_ACTION ITEM_
Restate verbatim the span of lines below between the line with "phys_to_virt direct_map_base phys" and the line with "unfoldable pub pt5_none : Paging → ℕ → Bool", including those two lines, and only that span.

_PROVIDED INFORMATION_
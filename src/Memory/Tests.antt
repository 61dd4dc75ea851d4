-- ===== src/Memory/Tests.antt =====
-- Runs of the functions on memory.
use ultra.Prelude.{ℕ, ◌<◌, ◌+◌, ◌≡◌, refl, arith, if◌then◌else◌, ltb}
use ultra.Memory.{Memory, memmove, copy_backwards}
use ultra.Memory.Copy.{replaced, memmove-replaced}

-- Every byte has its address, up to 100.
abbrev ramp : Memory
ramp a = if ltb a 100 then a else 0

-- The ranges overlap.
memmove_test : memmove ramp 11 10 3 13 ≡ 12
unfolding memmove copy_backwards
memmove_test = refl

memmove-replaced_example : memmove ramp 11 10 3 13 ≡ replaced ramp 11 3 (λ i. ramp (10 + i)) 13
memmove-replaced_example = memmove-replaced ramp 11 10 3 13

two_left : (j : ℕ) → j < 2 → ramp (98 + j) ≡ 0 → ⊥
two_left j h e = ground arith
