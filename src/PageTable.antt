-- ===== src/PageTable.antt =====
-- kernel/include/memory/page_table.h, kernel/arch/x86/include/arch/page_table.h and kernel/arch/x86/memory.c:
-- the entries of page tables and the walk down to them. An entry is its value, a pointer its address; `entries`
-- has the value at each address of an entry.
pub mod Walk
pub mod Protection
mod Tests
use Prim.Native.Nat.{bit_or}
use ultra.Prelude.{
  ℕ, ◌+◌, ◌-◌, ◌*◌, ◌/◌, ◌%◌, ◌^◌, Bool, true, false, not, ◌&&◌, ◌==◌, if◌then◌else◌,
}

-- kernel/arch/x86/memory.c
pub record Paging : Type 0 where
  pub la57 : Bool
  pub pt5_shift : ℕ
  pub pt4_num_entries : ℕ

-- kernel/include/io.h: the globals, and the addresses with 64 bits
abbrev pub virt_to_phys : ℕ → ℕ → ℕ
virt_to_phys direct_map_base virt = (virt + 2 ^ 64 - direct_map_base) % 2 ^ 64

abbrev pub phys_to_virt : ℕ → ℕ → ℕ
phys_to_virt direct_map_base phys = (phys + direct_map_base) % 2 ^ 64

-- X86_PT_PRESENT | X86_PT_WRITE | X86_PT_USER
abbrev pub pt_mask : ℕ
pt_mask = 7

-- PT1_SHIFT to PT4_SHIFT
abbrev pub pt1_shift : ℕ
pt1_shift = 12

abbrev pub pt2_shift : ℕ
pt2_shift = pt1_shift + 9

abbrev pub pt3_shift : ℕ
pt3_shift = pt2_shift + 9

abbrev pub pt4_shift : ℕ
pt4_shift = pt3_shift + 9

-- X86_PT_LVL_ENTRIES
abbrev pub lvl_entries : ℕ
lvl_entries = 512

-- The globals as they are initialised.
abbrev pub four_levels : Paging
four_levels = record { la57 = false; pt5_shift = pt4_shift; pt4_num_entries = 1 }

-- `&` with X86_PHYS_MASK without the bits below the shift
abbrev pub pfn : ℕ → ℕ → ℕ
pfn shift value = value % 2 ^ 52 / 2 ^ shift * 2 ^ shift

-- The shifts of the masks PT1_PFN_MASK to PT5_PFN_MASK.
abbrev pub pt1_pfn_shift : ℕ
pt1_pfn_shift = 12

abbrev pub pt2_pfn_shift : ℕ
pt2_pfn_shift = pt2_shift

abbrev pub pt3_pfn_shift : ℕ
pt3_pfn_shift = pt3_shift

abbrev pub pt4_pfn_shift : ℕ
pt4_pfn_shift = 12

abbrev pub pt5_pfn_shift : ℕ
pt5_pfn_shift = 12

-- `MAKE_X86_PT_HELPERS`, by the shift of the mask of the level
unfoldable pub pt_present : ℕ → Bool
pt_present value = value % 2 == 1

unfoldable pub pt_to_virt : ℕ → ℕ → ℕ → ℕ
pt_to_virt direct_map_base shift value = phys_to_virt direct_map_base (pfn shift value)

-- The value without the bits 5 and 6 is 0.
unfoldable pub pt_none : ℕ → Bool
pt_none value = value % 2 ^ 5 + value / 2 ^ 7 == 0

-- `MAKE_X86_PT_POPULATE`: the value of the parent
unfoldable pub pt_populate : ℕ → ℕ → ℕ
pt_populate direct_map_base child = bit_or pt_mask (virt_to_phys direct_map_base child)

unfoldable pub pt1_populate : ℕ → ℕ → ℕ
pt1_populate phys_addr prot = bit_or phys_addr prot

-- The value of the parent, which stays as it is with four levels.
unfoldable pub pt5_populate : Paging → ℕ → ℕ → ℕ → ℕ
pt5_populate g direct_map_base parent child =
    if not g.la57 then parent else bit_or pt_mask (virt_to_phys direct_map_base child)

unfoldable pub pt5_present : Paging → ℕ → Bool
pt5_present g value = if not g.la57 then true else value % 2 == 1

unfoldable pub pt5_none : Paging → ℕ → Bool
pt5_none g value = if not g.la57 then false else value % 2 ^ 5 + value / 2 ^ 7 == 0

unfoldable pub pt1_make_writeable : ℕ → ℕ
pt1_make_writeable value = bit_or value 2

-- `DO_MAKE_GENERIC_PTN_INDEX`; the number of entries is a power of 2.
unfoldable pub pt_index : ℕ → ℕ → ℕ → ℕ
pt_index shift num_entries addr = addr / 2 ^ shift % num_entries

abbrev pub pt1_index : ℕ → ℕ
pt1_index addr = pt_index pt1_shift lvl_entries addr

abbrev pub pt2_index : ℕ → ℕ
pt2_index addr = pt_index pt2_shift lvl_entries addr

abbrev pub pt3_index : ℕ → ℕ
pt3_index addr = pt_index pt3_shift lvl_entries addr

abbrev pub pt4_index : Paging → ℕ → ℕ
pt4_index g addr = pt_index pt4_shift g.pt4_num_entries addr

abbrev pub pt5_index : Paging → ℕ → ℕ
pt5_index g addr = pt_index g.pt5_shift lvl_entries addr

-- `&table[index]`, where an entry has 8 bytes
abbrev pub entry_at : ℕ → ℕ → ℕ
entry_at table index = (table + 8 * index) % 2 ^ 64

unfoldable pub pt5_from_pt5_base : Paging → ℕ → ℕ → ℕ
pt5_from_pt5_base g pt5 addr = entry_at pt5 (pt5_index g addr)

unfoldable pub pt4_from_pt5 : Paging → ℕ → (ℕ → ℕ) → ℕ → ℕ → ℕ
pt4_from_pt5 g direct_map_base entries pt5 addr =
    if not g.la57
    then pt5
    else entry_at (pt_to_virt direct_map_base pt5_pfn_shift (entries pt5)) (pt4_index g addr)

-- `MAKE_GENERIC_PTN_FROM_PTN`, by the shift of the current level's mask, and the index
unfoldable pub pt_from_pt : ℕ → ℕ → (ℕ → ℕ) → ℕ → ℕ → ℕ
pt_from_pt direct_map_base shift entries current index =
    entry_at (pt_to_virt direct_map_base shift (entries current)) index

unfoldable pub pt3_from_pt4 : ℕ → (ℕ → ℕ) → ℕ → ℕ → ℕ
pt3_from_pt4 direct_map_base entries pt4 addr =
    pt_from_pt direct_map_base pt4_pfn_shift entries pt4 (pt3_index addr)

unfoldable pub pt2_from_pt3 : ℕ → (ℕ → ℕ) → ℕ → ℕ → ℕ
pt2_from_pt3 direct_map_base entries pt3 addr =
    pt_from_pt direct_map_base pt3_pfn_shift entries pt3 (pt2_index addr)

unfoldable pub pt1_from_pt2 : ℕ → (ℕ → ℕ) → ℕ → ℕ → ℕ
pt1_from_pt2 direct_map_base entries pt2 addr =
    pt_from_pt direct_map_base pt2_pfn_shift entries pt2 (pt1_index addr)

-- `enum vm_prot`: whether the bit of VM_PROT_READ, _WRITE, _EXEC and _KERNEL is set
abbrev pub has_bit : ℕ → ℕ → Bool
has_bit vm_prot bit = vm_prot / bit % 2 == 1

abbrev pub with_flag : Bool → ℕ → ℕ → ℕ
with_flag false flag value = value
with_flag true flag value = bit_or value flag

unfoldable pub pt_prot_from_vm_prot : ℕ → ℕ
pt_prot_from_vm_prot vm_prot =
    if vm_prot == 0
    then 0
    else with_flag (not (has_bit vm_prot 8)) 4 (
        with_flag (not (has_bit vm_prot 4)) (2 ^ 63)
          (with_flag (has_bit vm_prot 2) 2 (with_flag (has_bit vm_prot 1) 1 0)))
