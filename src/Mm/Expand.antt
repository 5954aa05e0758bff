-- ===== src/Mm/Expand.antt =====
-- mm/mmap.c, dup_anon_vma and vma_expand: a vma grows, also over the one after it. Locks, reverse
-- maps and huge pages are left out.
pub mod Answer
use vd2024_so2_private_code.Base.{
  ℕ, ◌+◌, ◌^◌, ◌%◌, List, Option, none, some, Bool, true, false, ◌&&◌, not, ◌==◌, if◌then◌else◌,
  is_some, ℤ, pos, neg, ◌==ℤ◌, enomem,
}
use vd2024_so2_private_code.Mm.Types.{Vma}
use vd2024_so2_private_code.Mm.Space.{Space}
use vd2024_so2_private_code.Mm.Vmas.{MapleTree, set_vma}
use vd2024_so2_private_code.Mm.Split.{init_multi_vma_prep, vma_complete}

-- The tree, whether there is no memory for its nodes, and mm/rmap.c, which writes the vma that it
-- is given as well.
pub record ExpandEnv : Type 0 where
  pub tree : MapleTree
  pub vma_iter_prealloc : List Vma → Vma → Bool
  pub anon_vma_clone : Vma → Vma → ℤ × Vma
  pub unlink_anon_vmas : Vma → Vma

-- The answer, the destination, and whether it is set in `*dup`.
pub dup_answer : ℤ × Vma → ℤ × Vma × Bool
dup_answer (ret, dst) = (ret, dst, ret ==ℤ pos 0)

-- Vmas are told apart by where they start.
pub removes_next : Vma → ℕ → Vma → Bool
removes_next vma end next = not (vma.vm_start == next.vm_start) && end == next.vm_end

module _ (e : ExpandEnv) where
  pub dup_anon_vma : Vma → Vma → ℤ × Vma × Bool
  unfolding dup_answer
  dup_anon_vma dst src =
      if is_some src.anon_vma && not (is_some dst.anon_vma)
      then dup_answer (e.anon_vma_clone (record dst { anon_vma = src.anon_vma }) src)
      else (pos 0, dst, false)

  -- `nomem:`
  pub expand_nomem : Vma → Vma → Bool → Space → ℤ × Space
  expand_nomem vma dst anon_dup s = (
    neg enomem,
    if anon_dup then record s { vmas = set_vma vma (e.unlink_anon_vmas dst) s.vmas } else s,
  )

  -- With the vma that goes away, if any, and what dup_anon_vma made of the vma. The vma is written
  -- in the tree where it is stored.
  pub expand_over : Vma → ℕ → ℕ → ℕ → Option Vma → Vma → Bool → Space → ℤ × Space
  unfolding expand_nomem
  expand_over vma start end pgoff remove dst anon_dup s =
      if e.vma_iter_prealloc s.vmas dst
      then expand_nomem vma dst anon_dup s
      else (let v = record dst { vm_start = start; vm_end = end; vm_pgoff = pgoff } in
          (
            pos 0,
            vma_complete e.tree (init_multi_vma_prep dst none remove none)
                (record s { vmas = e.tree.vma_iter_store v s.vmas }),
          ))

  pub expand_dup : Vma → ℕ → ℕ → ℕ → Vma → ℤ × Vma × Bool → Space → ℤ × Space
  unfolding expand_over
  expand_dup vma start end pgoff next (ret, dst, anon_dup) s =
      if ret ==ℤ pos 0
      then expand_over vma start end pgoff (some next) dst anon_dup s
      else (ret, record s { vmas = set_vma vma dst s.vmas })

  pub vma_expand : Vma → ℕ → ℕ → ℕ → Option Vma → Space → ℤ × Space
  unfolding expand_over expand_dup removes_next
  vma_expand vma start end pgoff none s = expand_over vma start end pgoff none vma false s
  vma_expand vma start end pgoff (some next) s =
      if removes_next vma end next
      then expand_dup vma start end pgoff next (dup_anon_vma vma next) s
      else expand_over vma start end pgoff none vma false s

_ANSWER AREA_
phys_to_virt direct_map_base phys = (phys + direct_map_base) % 2 ^ 64

-- X86_PT_PRESENT | X86_PT_WRITE | X86_PT_USER
abbrev pub pt_mask : ℕ
pt_mask = 7

-- PT1_SHIFT to PT4_SHIFT
abbrev pub pt1_shift : ℕ
pt1_shift = 12

abbrev pub pt2_shift : ℕ
pt2_shift = pt1_shift + 9

abbrev pub pt3_shift : ℕ
pt3_shift = pt2_shift + 9

abbrev pub pt4_shift : ℕ
pt4_shift = pt3_shift + 9

-- X86_PT_LVL_ENTRIES
abbrev pub lvl_entries : ℕ
lvl_entries = 512

-- The globals as they are initialised.
abbrev pub four_levels : Paging
four_levels = record { la57 = false; pt5_shift = pt4_shift; pt4_num_entries = 1 }

-- `&` with X86_PHYS_MASK without the bits below the shift
abbrev pub pfn : ℕ → ℕ → ℕ
pfn shift value = value % 2 ^ 52 / 2 ^ shift * 2 ^ shift

-- The shifts of the masks PT1_PFN_MASK to PT5_PFN_MASK.
abbrev pub pt1_pfn_shift : ℕ
pt1_pfn_shift = 12

abbrev pub pt2_pfn_shift : ℕ
pt2_pfn_shift = pt2_shift

abbrev pub pt3_pfn_shift : ℕ
pt3_pfn_shift = pt3_shift

abbrev pub pt4_pfn_shift : ℕ
pt4_pfn_shift = 12

abbrev pub pt5_pfn_shift : ℕ
pt5_pfn_shift = 12

-- `MAKE_X86_PT_HELPERS`, by the shift of the mask of the level
unfoldable pub pt_present : ℕ → Bool
pt_present value = value % 2 == 1

unfoldable pub pt_to_virt : ℕ → ℕ → ℕ → ℕ
pt_to_virt direct_map_base shift value = phys_to_virt direct_map_base (pfn shift value)

-- The value without the bits 5 and 6 is 0.
unfoldable pub pt_none : ℕ → Bool
pt_none value = value % 2 ^ 5 + value / 2 ^ 7 == 0

-- `MAKE_X86_PT_POPULATE`: the value of the parent
unfoldable pub pt_populate : ℕ → ℕ → ℕ
pt_populate direct_map_base child = bit_or pt_mask (virt_to_phys direct_map_base child)

unfoldable pub pt1_populate : ℕ → ℕ → ℕ
pt1_populate phys_addr prot = bit_or phys_addr prot

-- The value of the parent, which stays as it is with four levels.
unfoldable pub pt5_populate : Paging → ℕ → ℕ → ℕ → ℕ
pt5_populate g direct_map_base parent child =
    if not g.la57 then parent else bit_or pt_mask (virt_to_phys direct_map_base child)

unfoldable pub pt5_present : Paging → ℕ → Bool
pt5_present g value = if not g.la57 then true else value % 2 == 1

unfoldable pub pt5_none : Paging → ℕ → Bool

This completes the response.